ISLAMABAD: Foreign Secretary Aizaz Chaudhry asked global powers on Thursday not to pressurise Pakistan on its nuclear programme.
“Rather than making unrealistic demands on Pakistan to compromise on its core security interests, major powers must consider implications of their actions and policies,” Mr Chaudhry said at a seminar on ‘Defence, Deterrence and Stability in South Asia’, which was jointly organised by Islamabad-based think-tank Centre for International Strategic Studies (CISS) and The International Institute for Strategic Studies (IISS) of London.
He did not name the world powers he was referring to.

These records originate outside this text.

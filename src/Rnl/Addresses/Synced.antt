-- ===== src/Rnl/Addresses/Synced.antt =====
-- rnl/NetlinkSocket.cpp: the addresses that a sync leaves on an interface.
use fbmeshd.Prelude.{
  ℕ, ◌≡◌, refl, ap, subst, ◌∙◌, Bool, true, false, not, ◌&&◌, ◌||◌, Option, none, some, List, [],
  ◌∷◌, arith, ◌==◌, if◌then◌else◌, Bool-cases, inl, inr, All,
}
use fbmeshd.Rnl.{Prefix, IpApi, same_prefix}
use fbmeshd.Rnl.Kernel.{Rtnl}
use fbmeshd.Rnl.Addresses.Difference.{as_number, count, IsOrder, count-sorted_difference}
use fbmeshd.Rnl.Addresses.{
  IfAddress, AddrSock, done, build_if_address, prefixes_of, new_prefixes, fits_family, fits_rest,
  set_difference, sort, add_if_address, del_if_address, get_if_addrs, add_all, delete_all,
  sync_read, do_sync_if_address,
}

-- The address is one of the interface, family and scope that are synced.
abbrev pub IsSynced : {K : Type 0} → IpApi → Rtnl → AddrSock K → ℕ → ℕ → ℕ → IfAddress → Type 0
IsSynced ip c nl if_index family scope a =
    (fits_family ip c nl family a ≡ some true) × (fits_rest ip c nl if_index scope a ≡ true)

-- What the kernel is taken to do with the addresses of one interface, family and scope: it lists
-- each address that it has there once, has an address of that interface, family and scope after
-- adding it, has an address no more after deleting it, and keeps the others.
pub record KeepsAddresses {K : Type 0} (ip : IpApi) (c : Rtnl) (nl : AddrSock K)
    (if_index family scope : ℕ) : Type 0 where
  pub present : K → Prefix → Bool
  pub lists : K → List IfAddress
  pub reads : (k : K) → get_if_addrs ip c nl if_index family scope k ≡ some (lists k)
  pub once : (k : K) (q : Prefix) → count q (prefixes_of (lists k)) ≡ as_number (present k q)
  pub adds :
      (a : IfAddress) (p q : Prefix) (k : K)
      → a.prefix ≡ some p
      → IsSynced ip c nl if_index family scope a
      → present (nl.add_if_address a k).0 q ≡ (same_prefix p q || present k q)
  pub deletes :
      (p q : Prefix) (k : K)
      → present (nl.delete_if_address (build_if_address p if_index scope) k).0 q
        ≡ (not (same_prefix p q) && present k q)

abbrev pub listed : Prefix → List Prefix → Bool
listed q [] = false
listed q (p ∷ ps) = same_prefix p q || listed q ps

count-listed : (q : Prefix) (ps : List Prefix) → listed q ps ≡ not (count q ps == 0)
count-listed q [] = refl
count-listed q (p ∷ ps) = ground (arith, count-listed q ps)

module _ {K : Type 0} (ip : IpApi) (c : Rtnl) (nl : AddrSock K) (if_index family scope : ℕ)
    (laws : KeepsAddresses ip c nl if_index family scope) where
  -- The prefixes are those of the addresses.
  abbrev Named : List IfAddress → List Prefix → Type 0
  Named [] [] = Unit
  Named [] (p ∷ ps) = ⊥
  Named (a ∷ addrs) [] = ⊥
  Named (a ∷ addrs) (p ∷ ps) = (a.prefix ≡ some p) × Named addrs ps

  Named-step :
      (a : IfAddress) (addrs : List IfAddress) (ps : List Prefix) (o : Option Prefix)
      (rest : Option (List Prefix))
      → a.prefix ≡ o
      → ((qs : List Prefix) → rest ≡ some qs → Named addrs qs)
      → (if not (a.if_index == if_index) then none else elim o [
        | none ↦ none
        | some p ↦ elim rest [ none ↦ none | some qs ↦ some (p ∷ qs) ]
      ])
        ≡ some ps
      → Named (a ∷ addrs) ps
  Named-step a addrs ps none rest e ih h = absurd (ground arith)
  Named-step a addrs ps (some p) none e ih h = absurd (ground arith)
  Named-step a addrs [] (some p) (some qs) e ih h = absurd (ground arith)
  Named-step a addrs (r ∷ ps) (some p) (some qs) e ih h =
      elim (Bool-cases (a.if_index == if_index)) [
        | inl same ↦
            let h' : some (p ∷ qs) ≡ some (r ∷ ps) = rw same at h in
            let e1 : p ≡ r = cc in
            let e2 : qs ≡ ps = cc in (subst (λ x. a.prefix ≡ some x) e1 e, ih ps (ap some e2))
        | inr other ↦ absurd (ground arith)
      ]

  new_prefixes-Named :
      (addrs : List IfAddress) (ps : List Prefix)
      → new_prefixes if_index addrs ≡ some ps
      → Named addrs ps
  unfolding new_prefixes
  new_prefixes-Named [] [] h = tt
  new_prefixes-Named [] (p ∷ ps) h = absurd (ground arith)
  new_prefixes-Named (a ∷ addrs) ps h =
      Named-step a addrs ps a.prefix (new_prefixes if_index addrs) refl (new_prefixes-Named addrs) h

  present-add_all :
      (addrs : List IfAddress) (ps : List Prefix) (q : Prefix) (k : K)
      → Named addrs ps
      → All (IsSynced ip c nl if_index family scope) addrs
      → laws.present (add_all ip c nl addrs k) q ≡ (listed q ps || laws.present k q)
  unfolding add_all add_if_address
  present-add_all [] [] q k h j = refl
  present-add_all [] (p ∷ ps) q k h j = elim h [ ]
  present-add_all (a ∷ addrs) [] q k h j = elim h [ ]
  present-add_all (a ∷ addrs) (p ∷ ps) q k (e, h) (i, j) =
      ground
        (arith, present-add_all addrs ps q (nl.add_if_address a k).0 h j, laws.adds a p q k e i)

  present-delete_all :
      (ps : List Prefix) (q : Prefix) (k : K)
      → laws.present (delete_all ip c nl if_index scope ps k) q
        ≡ (not (listed q ps) && laws.present k q)
  unfolding delete_all del_if_address build_if_address
  present-delete_all [] q k = refl
  present-delete_all (p ∷ ps) q k = ground (
    arith,
    present-delete_all ps q (nl.delete_if_address (build_if_address p if_index scope) k).0,
    laws.deletes p q k,
  )

  -- A sync of the addresses of an interface, when each address asked for has a prefix and is of the
  -- interface, family and scope that are synced and the order of the addresses is strict and total,
  -- ends with no exception, and the kernel then has there exactly the addresses asked for, if it
  -- does with addresses what `KeepsAddresses` says.
  pub do_sync_if_address-present :
      (less : ℕ → ℕ → Bool) (addrs : List IfAddress) (ps : List Prefix) (k : K)
      → IsOrder less
      → new_prefixes if_index addrs ≡ some ps
      → All (IsSynced ip c nl if_index family scope) addrs
      → ((do_sync_if_address ip c nl less if_index addrs family scope k).1 ≡ done)
        × ((q : Prefix)
            → laws.present (do_sync_if_address ip c nl less if_index addrs family scope k).0 q
              ≡ listed q ps)
  unfolding do_sync_if_address sync_read
  do_sync_if_address-present less addrs ps k order h j =
      let old = prefixes_of (laws.lists k) in
      let gone = set_difference less (sort less old) (sort less ps) in
      let k' = add_all ip c nl addrs k in
      let read = sync_read ip c nl less if_index addrs scope k in
      let synced =
        ap (λ o. read o (get_if_addrs ip c nl if_index family scope k)) h
        ∙ ap (read (some ps)) (laws.reads k) in
      (
        ap (λ r. r.1) synced,
        λ q.
            ap (λ r. laws.present r.0 q) synced
            ∙ ground (
              arith,
              present-delete_all gone q k',
              present-add_all addrs ps q k (new_prefixes-Named addrs ps h) j,
              count-listed q gone,
              count-listed q ps,
              count-sorted_difference less order q old ps,
              laws.once k q,
            ),
      )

The foreign secretary’s comments, however, come against the backdrop of media reports that the US had offered to mainstream Pakistan in return for certain restrictions on its nuclear programme. The secretary categorically rejected a perception that “any deal” was being negotiated.
He said Pakistan was confronted with a credible threat from India, which was pursuing “dangerous, provocative and irresponsible doctrines like Cold Start Doctrine and Proactive Strategy and whose conventional military build-up was Pakistan specific”.
He described Pakistan’s nuclear arsenal as weapons of deterrence.
Mr Chaudhry said that despite all the provocation from India and the widening conventional asymmetry, Pakistan’s policy was characterised by restraint and responsibility.
He said that the discriminatory nuclear cooperation agreements being signed by NSG member countries with India and the waivers being granted to it were undermining strategic stability in South Asia.
“The international community must appreciate our legitimate and serious security concerns and adopt a comprehensive non-discriminatory and fair approach towards the region,” he emphasised.
“This myopic policy of dual standards towards South Asia, based on narrow strategic, political and commercial considerations, bodes ill for the region’s long-term peace and stability,” he said. Responding to concerns expressed by the West about Pakistan’s Full Spectrum Deterrence doctrine, he said, it did not represent “a quantitative change” in level of deterrence; rather it was “a qualitative response” to the entire threat spectrum.
“Our conduct continues to be guided strictly by the principle of credible minimum deterrence,” he noted.
He also rejected reports about Pakistan’s nuclear programme to be the fastest growing in the world as a baseless hype.
“Such reports are aimed at diverting attention from the exponential increase in India’s fissile material stockpiles as a result of nuclear deals with a growing number of NSG countries and its destabilising consequences for the region,” he maintained.
He said that if the world was genuinely interested in peace in the region it should work towards resolving the longstanding disputes and promoting nuclear restraint.
Mr Zahir Kazmi, Director at Strategic Plans Division, urged India to restart dialogue for resolving the outstanding issues, which were behind the regional tensions.
“If India were genuinely interested in peace it should have no qualms in restarting the stalled dialogue process and resolve root causes of animus rather than indulging in cosmetics of crises management and limited wars under the shadow of nuclear weapons,” he said.
At a time when Pakistan was willing to make peace, he said India should rise beyond history, hostility and domestic politics.